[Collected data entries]
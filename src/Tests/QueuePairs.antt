-- ===== src/Tests/QueuePairs.antt =====
-- Queue pairs in the control buffer, when the system does what it is asked.
use ep_demo.Prelude.{◌≡◌, refl, List, [], ◌∷◌, map, replicate, true, length-replicate, arith}
use ep_demo.Memheap.{create}
use ep_demo.Mlx5gda.{World}
use ep_demo.Mlx5gda.Qp.{Qp}
use ep_demo.EpBuffer.QueuePairs.{init_qps, update_local_qpns, created}
use ep_demo.EpBuffer.QueuePairs.Blocks.{offsets, IsFilled}
use ep_demo.EpBuffer.QueuePairs.Room.{IsGoodRound, AllCreated, init_qps-created}
use ep_demo.EpBuffer.Getters.{Told, get_local_qpns-init_qps}
use ep_demo.Tests.Mlx5gda.{idle, made, after, round}
use ep_demo.EpBuffer.QueuePairs.Again.{update_local_qpns-same}

round-IsGoodRound : IsGoodRound round
round-IsGoodRound = (
  record {
    calloc = refl;
    query_port = refl;
    cqe_version = refl;
    cq = record {
      memset = refl;
      malloc = refl;
      eqn = (5, refl);
      uar = (9, refl);
      sync = refl;
      made = λ cmd. (11, refl);
    };
    uar = (10, refl);
    register = refl;
    memset = refl;
    sync = refl;
    made = λ cmd. (77, refl);
  },
  refl,
  refl,
)

init_qps-created_example : AllCreated 2 (init_qps 7 (round ∷ round ∷ []) idle [])
unfolding create
init_qps-created_example =
    init_qps-created 7 (round ∷ round ∷ []) idle refl (round-IsGoodRound, (round-IsGoodRound, tt))
      (omega arith)

after-IsFilled : IsFilled (map offsets (made ∷ [])) after.heap
after-IsFilled = record {
  packed = record {
    used = (refl, (refl, (refl, (refl, tt))));
    stacked = omega arith;
    within = omega arith;
    small = omega arith;
  };
  size = refl;
  top = omega arith;
  bottom = omega arith;
  entries = refl;
  aligned = (omega arith, tt);
}

update_local_qpns-same_example :
    (qps' : List Qp) × (w' : World) × (update_local_qpns 7
        (λ i. true)
        (round ∷ [])
        after
        (made ∷ [])
      ≡ created qps' w')
    × (map offsets qps' ≡ map offsets (made ∷ []))
    × (w'.heap ≡ after.heap)
update_local_qpns-same_example =
    update_local_qpns-same 7 (λ i. true) (round ∷ []) after (made ∷ []) after-IsFilled
      (round-IsGoodRound, tt) refl

get_local_qpns-init_qps_example : Told 4 (λ qp. 7) (init_qps 7 (replicate 256 round) idle [])
get_local_qpns-init_qps_example =
    get_local_qpns-init_qps 4 7 (λ qp. 7) (replicate 256 round) idle (length-replicate 256 round)
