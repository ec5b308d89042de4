-- ===== src/Tests/Stage.antt =====
-- The message of a token of 128 elements, with numbers in place of floating-point values.
use mathlib.Core.List.Permᴰ
use ep_demo.Prelude.{
  ℕ, ◌+◌, ◌≤◌, false, ◌*◌, ◌/◌, ◌≡◌, refl, max, true, [], ◌∷◌, arith, if◌then◌else◌,
}
use ep_demo.Kernel.{Config, num_bytes_per_msg}
use ep_demo.Kernel.Stage.{
  Floats, IsMax, same_place, max_to, vec, scale, token, int2, float, put_all, in_message, staged,
  stage_writes,
}
use ep_demo.Kernel.Stage.Places.{place_offset, place_size, Disjoint, stage-Disjoint}
use ep_demo.Kernel.Stage.Message.{stage_lem}

abbrev numbers : Floats
numbers = record {
  Bf16 = ℕ;
  Float = ℕ;
  Fp8x2 = ℕ × ℕ;
  to_float = λ a. a;
  abs = λ a. a;
  fmax = max;
  mul = λ a b. a * b;
  div = λ a b. a / b;
  to_fp8x2 = λ a b. (a, b);
  fp8_margin = 1;
  fp8_amax = 448;
  fp8_amax_inv = 2;
}

numbers-IsMax : IsMax numbers
numbers-IsMax = record {
  comm = λ a b. omega arith;
  assoc = λ a b c. omega arith;
  idem = λ a. omega arith;
}

abbrev row_config : Config
row_config = record {
  num_experts = 16;
  num_ranks = 2;
  num_max_dispatch_tokens_per_rank = 128;
  hidden = 128;
  use_fp8 = true;
}

stage_lem_example :
    put_all numbers (λ p. token 7) (stage_writes numbers row_config 5 (1 * 32) (λ i. i)) (scale 0)
    ≡ (if in_message numbers row_config 5 (1 * 32) (λ i. i) (scale 0)
        then staged numbers row_config 5 (1 * 32) (λ i. i) (scale 0)
        else token 7)
stage_lem_example =
    stage_lem numbers row_config 5 1 (λ i. i) (stage_writes numbers row_config 5 (1 * 32) (λ i. i))
      (λ p. token 7) (scale 0) numbers-IsMax (omega arith) (omega arith) (Permᴰ.refl _)

-- By evaluation: the scale is that of the largest element, 127.
staged_scale :
    put_all numbers (λ p. token 7) (stage_writes numbers row_config 5 32 (λ i. i)) (scale 0)
    ≡ float 254
unfolding max_to
staged_scale = refl

staged_last :
    put_all numbers (λ p. token 7) (stage_writes numbers row_config 5 32 (λ i. i)) (vec 15)
    ≡ int2 ((360, 363) ∷ (366, 369) ∷ (372, 375) ∷ (378, 381) ∷ [])
unfolding max_to
staged_last = refl

stage-Disjoint_example :
    (place_offset row_config (vec 15) + place_size row_config (vec 15)
      ≤ num_bytes_per_msg row_config)
    × (same_place (vec 15) (scale 0) ≡ false → Disjoint row_config (vec 15) (scale 0))
stage-Disjoint_example =
    stage-Disjoint numbers row_config 5 32 (λ i. i) (vec 15) (scale 0) refl (omega arith) refl refl
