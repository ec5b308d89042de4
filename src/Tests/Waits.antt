-- ===== src/Tests/Waits.antt =====
-- A receiver of 16 experts from two ranks: the source of expert 3 has sent 5 tokens, the one of expert 9
-- is given up.
use ep_demo.Prelude.{ℕ, zero, suc, ◌<◌, ◌≤◌, ◌≡◌, ◌≢◌, ◌⊎◌, inr, refl, true, false, arith}
use ep_demo.Kernel.Waits.{
  Receiver, Waits, WaitRun, WaitStep, no_step, then_step, peer_signals, reads_none, reads_signal,
  over_time, breaks, polling, late_or_not, decided, finished, put_at, start, dispatch_receiver,
  combine_receiver,
}
use ep_demo.Kernel.{Config}
use ep_demo.Kernel.Receive.{signal_value}
use ep_demo.Kernel.Waits.Reuse.{combine_reuses_signals}
use ep_demo.Kernel.Waits.Numbers.{dispatch_numbers}
use ep_demo.Kernel.Waits.Ends.{wait_ends, own_steps, Finished, CanMove}
use ep_demo.Tests.Kernel.{config, config-IsConfig}

abbrev receiver : Receiver
receiver = dispatch_receiver config (λ k l. 5) true

abbrev both : ℕ → ℕ
both k = 1

-- Expert 9 has read no signal, and the one of expert 3 has come.
abbrev given_up_state : Waits
given_up_state = record {
  signals = put_at (λ i. 0) 6 (receiver.written 0 3);
  active_ranks = put_at both 1 0;
  wait = put_at (put_at (λ e. polling) 9 late_or_not) 9 decided;
}

abbrev after : Waits
after = record given_up_state {
  wait = put_at (put_at given_up_state.wait 9 (finished 0)) 3 (finished 5);
}

first_steps : WaitRun receiver (start both) given_up_state
first_steps =
    then_step
      (then_step (then_step no_step (reads_none 9 (omega arith) refl refl))
        (peer_signals 0 3 (omega arith) (omega arith) refl))
      (over_time 9 refl refl)

-- Both threads leave their loops.
last_steps : WaitRun receiver given_up_state after
last_steps =
    then_step (then_step no_step (breaks 9 refl refl))
      (reads_signal 3 (omega arith) refl (λ h. ground (arith, h)))

whole_run : WaitRun receiver (start both) after
whole_run =
    then_step (then_step first_steps (breaks 9 refl refl))
      (reads_signal 3 (omega arith) refl (λ h. ground (arith, h)))

dispatch_numbers_example :
    let n : ℕ = 5 in
    ((n ≡ 5) ⊎ ((n ≡ 0) × (after.active_ranks 0 ≡ 0))) × (true ≡ false → both 0 ≢ 0 → n ≡ 5)
dispatch_numbers_example =
    dispatch_numbers config (λ k l. 5) both true after 3 5 config-IsConfig (omega arith)
      (λ k l. omega arith) whole_run refl

wait_ends_example :
    (own_steps 9 last_steps ≤ 3)
    × (own_steps 9 last_steps ≡ 3 → Finished receiver 9 after)
    × (Finished receiver 9 after ⊎ CanMove receiver 9 after)
wait_ends_example =
    wait_ends receiver 9 last_steps (omega arith) (λ k l h. ground (arith, h)) (inr refl)

-- Two ranks with an expert each, which both get their signal.
abbrev small_config : Config
small_config = record {
  num_experts = 2;
  num_ranks = 2;
  num_max_dispatch_tokens_per_rank = 128;
  hidden = 2048;
  use_fp8 = false;
}

abbrev small_receiver : Receiver
small_receiver = dispatch_receiver small_config (λ k l. 5) false

abbrev all_signalled : Waits
all_signalled = record {
  signals = put_at (put_at (λ i. 0) 0 (small_receiver.written 0 0)) 1 (small_receiver.written 1 0);
  active_ranks = both;
  wait = put_at (put_at (λ e. polling) 0 (finished 5)) 1 (finished 5);
}

all_run : WaitRun small_receiver (start both) all_signalled
all_run =
    then_step
      (then_step
        (then_step (then_step no_step (peer_signals 0 0 (omega arith) (omega arith) refl))
          (peer_signals 1 0 (omega arith) (omega arith) refl))
        (reads_signal 0 (omega arith) refl (λ h. ground (arith, h))))
      (reads_signal 1 (omega arith) refl (λ h. ground (arith, h)))

all_finished : (e : ℕ) → e < 2 → (n : ℕ) × (all_signalled.wait e ≡ finished n)
all_finished zero lt = (5, refl)
all_finished (suc zero) lt = (5, refl)
all_finished (suc (suc e)) lt = absurd (omega (arith, lt))

combine_reuses_signals_example :
    (all_signalled.signals 1 ≢ 0)
    × (t : Waits) × WaitStep
        (combine_receiver small_config false)
        (record all_signalled { wait = λ _. polling })
        t
    × (t.wait 1 ≡ finished (signal_value (all_signalled.signals 1)))
combine_reuses_signals_example =
    combine_reuses_signals small_config (λ k l. 5) both all_signalled 1 (omega arith)
      (λ k l. omega arith) (λ k h. ground (arith, h)) all_run all_finished (omega arith)
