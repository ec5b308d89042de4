-- ===== src/Tests/Warp.antt =====
-- Sums and copies of a warp.
use ep_demo.Prelude.{◌+◌, ◌≡◌, arith, refl, if◌then◌else◌, ltb}
use ep_demo.Warp.{warp_reduce_sum, lane_stores}
use ep_demo.Warp.Copy.{unrolled_copy_lem}
use ep_demo.Warp.Sum.{sum_to}

-- The sum of 1 to 32, at lane 7.
sum_1_to_32 : warp_reduce_sum (λ l. l + 1) 7 ≡ 528
sum_1_to_32 = refl

-- 70 elements, two of them in a row: one round of the first loop, and the rest in the second.
unrolled_copy_lem_example :
    sum_to 32 (λ lane. lane_stores 2 70 65 lane) ≡ (if ltb 65 70 then 1 else 0)
unrolled_copy_lem_example = unrolled_copy_lem 2 70 65 (omega arith)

▶ **Aim of the exercise**:
Look through the entries above. Copy each line in which the string "breaks" occurs.

▶ **Exercise response**:
  over_time, breaks, polling, late_or_not, decided, finished, put_at, start, dispatch_receiver,
    then_step (then_step no_step (breaks 9 refl refl))
    then_step (then_step first_steps (breaks 9 refl refl))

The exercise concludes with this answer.